_Task data_
"""

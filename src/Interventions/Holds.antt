-- ===== src/Interventions/Holds.antt =====
-- backend/src/modules/interventions/demo-transaction-hold.adapter.ts and safe-demo-action.adapter.ts:
-- each keeps its answers in a map by organization and key. Keys are numbers here.
use swar.Prelude.{
  ℕ, List, ◌∷◌, ◌&&◌, ◌||◌, not, Option, none, some, ◌==◌, ◌===◌, find, Result, ok, throw_if, ◌>>◌,
}
use swar.Risk.Types.{InterventionType, intervention_type_eq}

pub data HoldStatus : Type 0 where
  held released : HoldStatus

-- IdempotencyConflictError
pub data IdempotencyConflict : Type 0 where
  idempotency_conflict : IdempotencyConflict

-- The input of hold and of release.
pub record HoldRequest : Type 0 where
  pub organization_id : ℕ
  pub intervention_id : ℕ
  pub protected_action_reference : ℕ
  pub idempotency_key : ℕ

-- ProtectedActionHold, with its key in the map.
pub record HoldRecord : Type 0 where
  pub key_organization : ℕ
  pub key : ℕ
  pub held_intervention : ℕ
  pub held_reference : ℕ
  pub hold_status : HoldStatus

unfoldable pub hold_of : HoldRequest → List HoldRecord → Option HoldRecord
hold_of r holds =
    find (λ h. h.key_organization == r.organization_id && h.key == r.idempotency_key) holds

abbrev pub new_hold : HoldStatus → HoldRequest → HoldRecord
new_hold status r = record {
  key_organization = r.organization_id;
  key = r.idempotency_key;
  held_intervention = r.intervention_id;
  held_reference = r.protected_action_reference;
  hold_status = status;
}

-- hold and release: the two methods differ in the status that they store.
unfoldable pub answer :
    HoldStatus
    → HoldRequest
    → List HoldRecord
    → Option HoldRecord
    → Result IdempotencyConflict (HoldRecord × List HoldRecord)
answer status r holds none = ok (new_hold status r, new_hold status r ∷ holds)
answer status r holds (some h) =
    throw_if
      (not (h.held_intervention == r.intervention_id)
        || not (h.held_reference == r.protected_action_reference))
      idempotency_conflict
    >> ok (h, holds)

unfoldable pub hold :
    HoldRequest → List HoldRecord → Result IdempotencyConflict (HoldRecord × List HoldRecord)
unfolding answer hold_of
hold r holds = answer held r holds (hold_of r holds)

unfoldable pub release :
    HoldRequest → List HoldRecord → Result IdempotencyConflict (HoldRecord × List HoldRecord)
unfolding answer hold_of
release r holds = answer released r holds (hold_of r holds)

-- EngineeringActionReceipt, with its key in the map.
pub record ActionReceipt : Type 0 where
  pub receipt_organization : ℕ
  pub receipt_key : ℕ
  pub receipt_intervention : ℕ
  pub receipt_action : InterventionType

unfoldable pub dispatch :
    ℕ
    → ℕ
    → InterventionType
    → ℕ
    → List ActionReceipt
    → Result IdempotencyConflict (ActionReceipt × List ActionReceipt)
dispatch organization_id intervention_id action idempotency_key receipts = of (
    find (λ r. r.receipt_organization == organization_id && r.receipt_key == idempotency_key)
      receipts)
  where
    receipt : ActionReceipt
    receipt = record {
      receipt_organization = organization_id;
      receipt_key = idempotency_key;
      receipt_intervention = intervention_id;
      receipt_action = action;
    }

    of : Option ActionReceipt → Result IdempotencyConflict (ActionReceipt × List ActionReceipt)
    of none = ok (receipt, receipt ∷ receipts)
    of (some r) =
        throw_if
          (not (r.receipt_intervention == intervention_id) || not (r.receipt_action === action))
          idempotency_conflict
        >> ok (r, receipts)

"""

_To do_
Copy the records above exactly, please, but only from the first line through the line containing "idempotency_conflict : IdempotencyConflict".

_Answer section_
filename src/Interventions/Holds.antt
-- ===== src/Interventions/Holds.antt =====
-- backend/src/modules/interventions/demo-transaction-hold.adapter.ts and safe-demo-action.adapter.ts:
-- each keeps its answers in a map by organization and key. Keys are numbers here.
use swar.Prelude.{
  ℕ, List, ◌∷◌, ◌&&◌, ◌||◌, not, Option, none, some, ◌==◌, ◌===◌, find, Result, ok, throw_if, ◌>>◌,
}
use swar.Risk.Types.{InterventionType, intervention_type_eq}

pub data HoldStatus : Type 0 where
  held released : HoldStatus

-- IdempotencyConflictError
pub data IdempotencyConflict : Type 0 where
  idempotency_conflict : IdempotencyConflict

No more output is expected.